* Task to carry out:
If a line below contains the word "AreWf", count it; give only the total.

START Data extracts

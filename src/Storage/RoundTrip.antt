-- ===== src/Storage/RoundTrip.antt =====
-- What a dump file brings back: the values of the tree that it was written from.
use variables_and_streams_se.Base.{
  List, [], ◌∷◌, ◌++◌, false, none, some, if◌then◌else◌, is_empty, get_or, ◌≡◌, ◌≢◌, refl, arith,
  append_assoc, ◌∙◌,
}
use variables_and_streams_se.Base.Text.{Text, same, eq_of_same}
use variables_and_streams_se.Storage.Path.{
  same_path, is_prefix, same_path-append, is_prefix-append, is_prefix-longer,
  same_path_of_not_prefix,
}
use variables_and_streams_se.Storage.Tree.{
  RamNode, Childs, node, no_childs, child, value, childs, set_value, alter, get_child,
}
use variables_and_streams_se.Storage.Values.{value_at, value_at-nil, value_at-cons, value_at-alter}
use variables_and_streams_se.Storage.Wf.{IsWf, AreWf}
use variables_and_streams_se.Storage.Replay.{own, entries, entries_childs, replay, replay-append}

-- What a read of a node gives with the empty text for its default.
unfoldable pub text_at : List Text → RamNode → Text
text_at q n = get_or (value_at q n) []

abbrev pick : Text → Text → Text
pick a b = if is_empty a then b else a

text_at-alter :
    (p q : List Text) (v : Text) (n : RamNode)
    → text_at q (alter p (set_value v) n) ≡ (if same_path p q then v else text_at q n)
unfolding text_at
text_at-alter p q v n = ground (arith, value_at-alter p q v n)

text_at-own :
    (p q : List Text) (v : Text) (n : RamNode)
    → text_at q (replay (own p v) n) ≡ (if same_path p q then pick v (text_at q n) else text_at q n)
unfolding own replay
text_at-own p q [] n = ground arith
text_at-own p q (x ∷ v) n = ground (arith, text_at-alter p q (x ∷ v) n)

-- Entries below p leave the other names alone.
mutual
  unfolding entries entries_childs replay

  text_at-elsewhere :
      (m : RamNode) (p q : List Text) (n : RamNode)
      → is_prefix p q ≡ false
      → text_at q (replay (entries m p) n) ≡ text_at q n
  text_at-elsewhere (node i v cs) p q n h = text_at-elsewhere_childs cs p q n h

  text_at-elsewhere_childs :
      (cs : Childs) (p q : List Text) (n : RamNode)
      → is_prefix p q ≡ false
      → text_at q (replay (entries_childs cs p) n) ≡ text_at q n
  text_at-elsewhere_childs no_childs p q n h = refl
  text_at-elsewhere_childs (child k c cs) p q n h =
      let off = is_prefix-longer p q (k ∷ []) h in
      let n₁ = replay (own (p ++ k ∷ []) (value c)) n in
      rw (replay-append, replay-append)
        (text_at-elsewhere_childs cs p q (replay (entries c (p ++ k ∷ [])) n₁) h
          ∙ text_at-elsewhere c (p ++ k ∷ []) q n₁ off
          ∙ ground (
            arith,
            text_at-own (p ++ k ∷ []) q (value c) n,
            same_path_of_not_prefix (p ++ k ∷ []) q off,
          ))

-- What the children hold at the end of a descent.
unfoldable text_in : List Text → Childs → Text
text_in [] cs = []
text_in (j ∷ r) cs = elim (get_child j cs) [ none ↦ [] | some m ↦ text_at r m ]

text_at_lem :
    (r : List Text) (m : RamNode)
    → text_at r m ≡ (if is_empty r then value m else text_in r (childs m))
unfolding text_at text_in
text_at_lem [] m = rw (value_at-nil m)
text_at_lem (j ∷ r) m = ground (arith, value_at-cons j r m)

text_in-no_childs : (r : List Text) → text_in r no_childs ≡ []
unfolding text_in get_child
text_in-no_childs [] = refl
text_in-no_childs (j ∷ r) = refl

text_in-nil : (cs : Childs) → text_in [] cs ≡ []
unfolding text_in
text_in-nil cs = refl

text_in-child :
    (j : Text) (r : List Text) (k : Text) (c : RamNode) (cs : Childs)
    → text_in (j ∷ r) (child k c cs) ≡ (if same k j then text_at r c else text_in (j ∷ r) cs)
unfolding text_in get_child
text_in-child j r k c cs = ground arith

text_in_missing :
    (j : Text) (r : List Text) (cs : Childs) → get_child j cs ≡ none → text_in (j ∷ r) cs ≡ []
unfolding text_in
text_in_missing j r cs e = ground arith

same_path_nil : (r : List Text) → same_path [] r ≡ is_empty r
unfolding same_path
same_path_nil [] = refl
same_path_nil (j ∷ r) = refl

-- The step for the first child k: n₁ and n₂ are the trees behind its own line and the lines below it.
module _ (k : Text) (c : RamNode) (cs : Childs) (p : List Text) (n n₁ n₂ end : RamNode)
    (once : get_child k cs ≡ none)
    (own_line : (q : List Text)
      → text_at q n₁
        ≡ (if same_path (p ++ k ∷ []) q then pick (value c) (text_at q n) else text_at q n))
    (off : (q : List Text) → is_prefix (p ++ k ∷ []) q ≡ false → text_at q n₂ ≡ text_at q n₁)
    (below : (r : List Text)
      → text_at ((p ++ k ∷ []) ++ r) n₂
        ≡ pick (text_in r (childs c)) (text_at ((p ++ k ∷ []) ++ r) n₁))
    (others : (r : List Text)
      → text_at (p ++ r) end ≡ pick (text_in r cs) (text_at (p ++ r) n₂)) where
  text_at-first_child :
      (r : List Text) → text_at (p ++ r) end ≡ pick (text_in r (child k c cs)) (text_at (p ++ r) n)
  unfolding same_path is_prefix
  text_at-first_child [] = ground (
    arith,
    others [],
    off (p ++ []),
    own_line (p ++ []),
    same_path-append p (k ∷ []) [],
    is_prefix-append p (k ∷ []) [],
    text_in-nil cs,
    text_in-nil (child k c cs),
  )
  text_at-first_child (j ∷ r) = ground (
    arith,
    others (j ∷ r),
    off (p ++ j ∷ r),
    own_line (p ++ j ∷ r),
    below r,
    same_path-append p (k ∷ []) (j ∷ r),
    is_prefix-append p (k ∷ []) (j ∷ r),
    text_at_lem r c,
    append_assoc p (k ∷ []) r,
    text_in-child j r k c cs,
    text_in_missing j r cs,
    eq_of_same k j,
    same_path_nil r,
    text_in-nil (childs c),
  )

mutual
  unfolding entries entries_childs replay IsWf AreWf text_in

  text_at-entries :
      (m : RamNode) (p r : List Text) (n : RamNode)
      → IsWf m
      → text_at (p ++ r) (replay (entries m p) n) ≡ pick (text_in r (childs m)) (text_at (p ++ r) n)
  text_at-entries (node i v cs) p r n w = text_at-entries_childs cs p r n w

  text_at-entries_childs :
      (cs : Childs) (p r : List Text) (n : RamNode)
      → AreWf cs
      → text_at (p ++ r) (replay (entries_childs cs p) n) ≡ pick (text_in r cs) (text_at (p ++ r) n)
  text_at-entries_childs no_childs p [] n w = refl
  text_at-entries_childs no_childs p (j ∷ r) n w = ground (arith, text_in-no_childs (j ∷ r))
  text_at-entries_childs (child k c cs) p r n (name, nodot, once, wc, wcs) =
      let n₁ = replay (own (p ++ k ∷ []) (value c)) n in
      let n₂ = replay (entries c (p ++ k ∷ [])) n₁ in
      rw (replay-append, replay-append)
        (text_at-first_child k c cs p n n₁ n₂ (replay (entries_childs cs p) n₂) once
          (λ q. text_at-own (p ++ k ∷ []) q (value c) n)
          (λ q h. text_at-elsewhere c (p ++ k ∷ []) q n₁ h)
          (λ t. text_at-entries c (p ++ k ∷ []) t n₁ wc) (λ t. text_at-entries_childs cs p t n₂ wcs)
          r)

-- The values that the entries of a tree bring into an empty one.
pub text_at-replay :
    (q : List Text) (m : RamNode)
    → q ≢ []
    → IsWf m
    → text_at q (replay (entries m []) (node [] [] no_childs)) ≡ text_at q m
text_at-replay [] m ne w = absurd (ne refl)
text_at-replay (j ∷ q) m ne w = ground (
  arith,
  text_at-entries m [] (j ∷ q) (node [] [] no_childs) w,
  text_at_lem (j ∷ q) m,
  text_at_lem (j ∷ q) (node [] [] no_childs),
  text_in-no_childs (j ∷ q),
)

END Data extracts

* Answer box:
3